Society and education: from Reproductive to Generative
Elsewhere you can real all about the practical examples of triggering and developing the creative powers of your team to better face complex and/or creative challenges.
Here, it’s time to zoom out again: What would be the characteristics of a society and next, an education system, where curiosity is considered as a core skill for progress. This as opposed to using the argument that it is difficult to measure and standardise and therefore not a key priority. Which one do you recognise most? And which one do you prefer?

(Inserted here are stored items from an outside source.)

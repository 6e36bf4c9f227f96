-- ===== src/V2Device/Balance.antt =====
-- The order of the calls that a Kinect v2 device makes of libfreenect2
-- (src/backends/freenect_v2_backend.cpp), against an automaton.
use Prim.Native.String.{String}
use mac_kinect_native.Base.{◌≡◌, Bool, true, false, not, Option, none, some, List, [], ◌∷◌, arith}
use mac_kinect_native.Base.Tests.{if◌then◌else◌}
use mac_kinect_native.Float32.{Float32}
use mac_kinect_native.V2Device.State.{DeviceCall, DeviceLog, Freenect2, Device, new_device}
use mac_kinect_native.V2Device.Methods.{
  get_frame, open_handle, start, stop, destroy, take_frames, update, Method, call_method,
  call_methods, device_after,
}

-- What libfreenect2 lets a client do with a device: it must be open to be started, started to wait
-- for frames, and frames must be released before the next wait, a stop or a close.
pub data Phase : Type 0 where
  closed : Phase
  idle : Phase
  streaming : Phase
  holding : Phase
  gone : Phase

unfoldable pub follow : DeviceCall → Bool → Phase → Option Phase
follow (DeviceCall.opens serial) true Phase.closed = some Phase.idle
follow (DeviceCall.opens serial) false Phase.closed = some Phase.closed
follow DeviceCall.sets_color_listener ok Phase.idle = some Phase.idle
follow DeviceCall.sets_depth_listener ok Phase.idle = some Phase.idle
follow DeviceCall.starts_device true Phase.idle = some Phase.streaming
follow DeviceCall.starts_device false Phase.idle = some Phase.idle
follow DeviceCall.gets_frames ok Phase.streaming = some Phase.holding
follow DeviceCall.times_out ok Phase.streaming = some Phase.streaming
follow DeviceCall.releases ok Phase.holding = some Phase.streaming
follow DeviceCall.stops_device ok Phase.streaming = some Phase.idle
follow DeviceCall.closes ok Phase.idle = some Phase.gone
follow c ok phase = none

abbrev pub follow_if : DeviceCall → Bool → Option Phase → Option Phase
follow_if c ok none = none
follow_if c ok (some phase) = follow c ok phase

-- The phase after these calls; `none` is that one of them came out of order.
unfoldable pub replay : DeviceLog → Option Phase
unfolding follow
replay [] = some Phase.closed
replay ((c, ok) ∷ log) = follow_if c ok (replay log)

abbrev pub phase_of : Device → Phase
phase_of d = if d.has_dev then (if d.running then Phase.streaming else Phase.idle) else Phase.closed

pub record Follows (d : Device) : Type 0 where
  pub replayed : replay d.log ≡ some (phase_of d)
  pub running_dev : d.running ≡ true → d.has_dev ≡ true

pub get_frame_dev : (d : Device) → (get_frame d).0.has_dev ≡ d.has_dev
unfolding get_frame
get_frame_dev d = ground arith

pub get_frame-Follows : (d : Device) → Follows d → Follows (get_frame d).0
unfolding get_frame
get_frame-Follows d h = ground arith

module _ (fl : Float32) (lib : Freenect2 fl) where
  pub open_handle-Follows :
      (ctx : Bool) (serial : String) → Follows (open_handle fl lib (new_device ctx serial)).0
  unfolding open_handle new_device replay follow
  open_handle-Follows ctx serial = ground arith

  pub start-Follows : (d : Device) → Follows d → Follows (start fl lib d).0
  unfolding start replay follow
  start-Follows d h = ground arith

  pub stop-Follows : (d : Device) → Follows d → Follows (stop fl lib d).0
  unfolding stop replay follow
  stop-Follows d h = ground arith

  pub update-Follows : (d : Device) → Follows d → Follows (update fl lib d).0
  unfolding update take_frames replay follow
  update-Follows d h = ground arith

  -- What the methods leave open.
  pub start_dev : (d : Device) → (start fl lib d).0.has_dev ≡ d.has_dev
  unfolding start
  start_dev d = ground arith

  pub stop_dev : (d : Device) → (stop fl lib d).0.has_dev ≡ d.has_dev
  unfolding stop
  stop_dev d = ground arith

  pub update_dev : (d : Device) → (update fl lib d).0.has_dev ≡ d.has_dev
  unfolding update take_frames
  update_dev d = ground arith

  pub opened_dev :
      (serial : String)
      → let (d, opened) = open_handle fl lib (new_device true serial) in
        not opened ≡ false → d.has_dev ≡ true
  unfolding open_handle new_device
  opened_dev serial opened = ground arith

  call_method-Follows : (m : Method) (d : Device) → Follows d → Follows (call_method fl lib m d)
  unfolding call_method
  call_method-Follows Method.starts d h = start-Follows d h
  call_method-Follows Method.stops d h = stop-Follows d h
  call_method-Follows Method.updates d h = update-Follows d h
  call_method-Follows Method.gets_frame d h = get_frame-Follows d h
  call_method-Follows (Method.sets_stream kind) d h = record {
    replayed = h.replayed;
    running_dev = h.running_dev;
  }
  call_method-Follows Method.sets_tilt d h = h
  call_method-Follows Method.sets_led d h = h

  call_methods-Follows :
      (ms : List Method) (d : Device) → Follows d → Follows (call_methods fl lib ms d)
  unfolding call_methods
  call_methods-Follows [] d h = h
  call_methods-Follows (m ∷ ms) d h =
      call_methods-Follows ms (call_method fl lib m d) (call_method-Follows m d h)

  pub destroy-replay :
      (d : Device)
      → Follows d
      → replay (destroy fl lib d).log ≡ some (if d.has_dev then Phase.gone else Phase.closed)
  unfolding destroy stop replay follow
  destroy-replay d h = ground arith

  -- Whatever libfreenect2 answers, a device that is made, opened and used by any calls of its methods
  -- makes its calls in an order that the automaton of libfreenect2 accepts: it waits only while
  -- started, releases what it got before anything else, and never starts or stops twice. It is
  -- streaming exactly if the device says that it is open and running; and its destructor leaves a
  -- device that was open stopped and closed.
  pub device_after-replay :
      (ctx : Bool) (serial : String) (ms : List Method)
      → let d = device_after fl lib (new_device ctx serial) ms in
        (replay d.log ≡ some (phase_of d))
        × (replay (destroy fl lib d).log ≡ some (if d.has_dev then Phase.gone else Phase.closed))
  device_after-replay ctx serial ms =
      let h = call_methods-Follows ms _ (open_handle-Follows ctx serial) in
      (h.replayed, destroy-replay _ h)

Curiosity as Key | Curiosity as Nice to Have, at best |
Encourage the Art of asking Questions | Focus on giving quick answers |
Create new insights | Reproduce known knowledge |
Embrace complexity | Go for simplicity as early as possible |
Be adaptive to changing circumstances | Avoid uncertainty |
Connect existing and new dots | Become one important dot |
See the value of connections and patterns | Focus on separate (known) elements |
Why, How | What, when |
Need-based adaptive planning | Fixed schedules |
Autonomy and thinking critically | Rely on safety nets |
Intent & rough direction | Targets & Methods |
Working together = strength | Seeking help = showing weakness |
Curves | Boxes |
Considering innovation as a DNA string: no given start or end, unlimited configurations, allow emergence to take place | Managing innovation via stage gates: clear universal decision moments mapped out in time |
Applied to Education
In the overview below you see some characteristics of an education system where the 3 C’s (critical thinking, intertwined with curiosity and creativity) are considered as key, indispensable skills vs nice to have. Yes, the statements are a bit binary, because they need to point at the dominant pattern. These are discussion-openers, not end-points…

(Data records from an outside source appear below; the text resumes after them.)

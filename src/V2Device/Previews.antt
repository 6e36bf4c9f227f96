-- ===== src/V2Device/Previews.antt =====
-- What `FreenectV2Backend::preview` of src/backends/freenect_v2_backend.cpp counts and leaves.
use Prim.Native.String.{String}
use mac_kinect_native.Base.{
  ℕ, zero, suc, ◌+◌, ◌≤◌, ◌≡◌, ◌⊎◌, inl, inr, refl, ◌∙◌, true, not, Option, none, some, List, [],
  ◌∷◌, arith,
}
use mac_kinect_native.Base.Tests.{ltb, if_rule}
use mac_kinect_native.Base.Lists.{length, is_empty}
use mac_kinect_native.Backend.{FrameData, PreviewResult}
use mac_kinect_native.Float32.{Float32}
use mac_kinect_native.V2Device.State.{Device, new_device}
use mac_kinect_native.V2Device.Methods.{get_frame, open_handle, start, stop, destroy, update}
use mac_kinect_native.V2Device.NewFrames.{
  get_frame_keeps, get_frame_holds, update_keeps, start_keeps, stop_keeps, open_handle_holds,
}
use mac_kinect_native.V2Device.WholeFrames.{IsWhole, IsWholeIf, IsReady, all-IsWhole}
use mac_kinect_native.V2Device.Balance.{
  Phase, replay, Follows, update-Follows, get_frame-Follows, start-Follows, stop-Follows,
  destroy-replay, open_handle-Follows, update_dev, get_frame_dev, start_dev, stop_dev, opened_dev,
}
use mac_kinect_native.V2Device.Backends.{
  Context, FrameCounts, add_frame, open_device, is_empty_text, preview_round, preview_rounds,
  preview_device,
}

abbrev total : FrameCounts → ℕ
total n = n.colors + n.depths

empty_buffer : (xs : List ℕ) → length xs ≡ 0 → is_empty xs ≡ true
empty_buffer [] h = refl
empty_buffer (x ∷ xs) h = absurd (omega arith)

one_counts : (f : FrameData) → IsWhole f → (is_empty f.rgb ≡ true) ⊎ (is_empty f.depth ≡ true)
one_counts f whole = elim whole.one_image [
  | inl color ↦ inr (empty_buffer f.depth color.1)
  | inr (inl deep) ↦ inl (empty_buffer f.rgb deep.0)
  | inr (inr infrared) ↦ inl (empty_buffer f.rgb infrared.0)
]

-- A whole frame counts once at most.
add_frame-total :
    (frame : Option FrameData) (n : FrameCounts)
    → IsWholeIf frame
    → total (add_frame frame n) ≤ total n + 1
unfolding add_frame
add_frame-total none n whole = omega arith
add_frame-total (some f) n whole = let one = one_counts f whole in ground arith

-- A device in the middle of its use.
record IsUsed (d : Device) : Type 0 where
  ready : IsReady d
  follows : Follows d
  dev : d.has_dev ≡ true

-- The counts grew by at most k, and the device is in use.
record Counted (k : ℕ) (n : FrameCounts) (r : Device × FrameCounts) : Type 0 where
  used : IsUsed r.0
  grown : total r.1 ≤ total n + k

module _ (fl : Float32) (ctx : Context fl) where
  preview_round-Counted :
      (d : Device) (n : FrameCounts) → IsUsed d → Counted 1 n (preview_round fl ctx d n)
  unfolding preview_round
  preview_round-Counted d n h =
      let (d1, updated) = update fl ctx.library d in
      let ready1 = update_keeps fl ctx.library IsWhole (all-IsWhole fl ctx.library) d h.ready in
      let follows1 = update-Follows fl ctx.library d h.follows in
      let dev1 = update_dev fl ctx.library d ∙ h.dev in
      if_rule {A = Device × FrameCounts} (Counted 1 n) updated _
        (λ _. record {
          used = record {
            ready = get_frame_keeps IsWhole d1 ready1;
            follows = get_frame-Follows d1 follows1;
            dev = get_frame_dev d1 ∙ dev1;
          };
          grown = add_frame-total (get_frame d1).1 n (get_frame_holds IsWhole d1 ready1);
        })
        (λ _. record {
          used = record { ready = ready1; follows = follows1; dev = dev1 };
          grown = omega arith;
        })

  preview_rounds-Counted :
      (rounds : ℕ) (d : Device) (n : FrameCounts)
      → IsUsed d
      → Counted rounds n (preview_rounds fl ctx rounds d n)
  unfolding preview_rounds
  preview_rounds-Counted zero d n h = record { used = h; grown = omega arith }
  preview_rounds-Counted (suc rounds) d n h =
      let (d1, n1) = preview_round fl ctx d n in
      let first = preview_round-Counted d n h in
      let rest = preview_rounds-Counted rounds d1 n1 first.used in
      record { used = rest.used; grown = omega (arith, first.grown, rest.grown) }

  -- What a preview of an opened device reports, and what it leaves of the device.
  pub record IsReported (rounds : ℕ) (r : Device × PreviewResult) : Type 0 where
    pub counted : r.1.color_frames + r.1.depth_frames ≤ rounds
    pub succeeded : r.1.success ≡ ltb 0 (r.1.color_frames + r.1.depth_frames)
    pub left_closed : replay r.0.log ≡ some Phase.gone

  destroy-gone : (d : Device) → IsUsed d → replay (destroy fl ctx.library d).log ≡ some Phase.gone
  destroy-gone d h = destroy-replay fl ctx.library d h.follows ∙ rw h.dev refl

  start-IsUsed : (d : Device) → IsUsed d → IsUsed (start fl ctx.library d).0
  start-IsUsed d h = record {
    ready = start_keeps fl ctx.library IsWhole (all-IsWhole fl ctx.library) d h.ready;
    follows = start-Follows fl ctx.library d h.follows;
    dev = start_dev fl ctx.library d ∙ h.dev;
  }

  stop-IsUsed : (d : Device) → IsUsed d → IsUsed (stop fl ctx.library d).0
  stop-IsUsed d h = record {
    ready = stop_keeps fl ctx.library IsWhole (all-IsWhole fl ctx.library) d h.ready;
    follows = stop-Follows fl ctx.library d h.follows;
    dev = stop_dev fl ctx.library d ∙ h.dev;
  }

  preview_device-IsReported :
      (rounds : ℕ) (d : Device) → IsUsed d → IsReported rounds (preview_device fl ctx rounds d)
  unfolding preview_device
  preview_device-IsReported rounds d h =
      let (d1, started) = start fl ctx.library d in
      let h1 = start-IsUsed d h in
      let none_yet : FrameCounts = record { colors = 0; depths = 0 } in
      let (d2, n) = preview_rounds fl ctx rounds d1 none_yet in
      let c = preview_rounds-Counted rounds d1 none_yet h1 in
      if_rule {A = Device × PreviewResult} (IsReported rounds) (not started) _
        (λ _. record { counted = omega arith; succeeded = refl; left_closed = destroy-gone d1 h1 })
        (λ _. record {
          counted = omega (arith, c.grown);
          succeeded = refl;
          left_closed = destroy-gone _ (stop-IsUsed d2 c.used);
        })

  abbrev pub IsReportedIf : ℕ → Option Device → Type 0
  IsReportedIf rounds none = Unit
  IsReportedIf rounds (some d) = IsReported rounds (preview_device fl ctx rounds d)

  -- For any serial, if the device opens: a preview of it counts at most one frame a round, color and
  -- depth together; it succeeds exactly if it counted one; and, started or not,
  -- the device is left stopped, with its frames released, and closed, by calls that came in an order
  -- that the automaton of libfreenect2 accepts.
  pub preview_opened-IsReported :
      (rounds : ℕ) (serial : String) → IsReportedIf rounds (open_device fl ctx serial)
  unfolding open_device
  preview_opened-IsReported rounds serial =
      let d = (open_handle fl ctx.library (new_device true serial)).0 in
      if_rule {A = Option Device} (IsReportedIf rounds) (is_empty_text serial) none (λ _. tt)
        (λ _.
          if_rule {A = Option Device} (IsReportedIf rounds) _ none (λ _. tt)
            (λ opened. preview_device-IsReported rounds d (record {
              ready =
                  open_handle_holds fl ctx.library IsWhole (all-IsWhole fl ctx.library) true serial;
              follows = open_handle-Follows fl ctx.library true serial;
              dev = opened_dev fl ctx.library serial opened;
            })))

Curiosity as Key skill in Education | Curiosity as Nice to Have, at best |
Teachers facilitate learning process | Teachers transfer knowledge |
Creation, Effectiveness | Production, Efficiency |
Multi-way | One or Two-way |
Encouraging to ask questions | Emphasise giving (correct) answers |
Evaluate progress by joint discussion | Test progress by simplified tools |
Intersubjective insight in development | Grades/ marks as main indicator for progress |
Group learns together | Teacher grades |
Inquisitiveness is encouraged | Concrete result (answer) Is demanded |
Generative | Reproductive |
By and large I think this WEF-view on education, at least as it is formulated, makes sense and carries many similar messages as mine.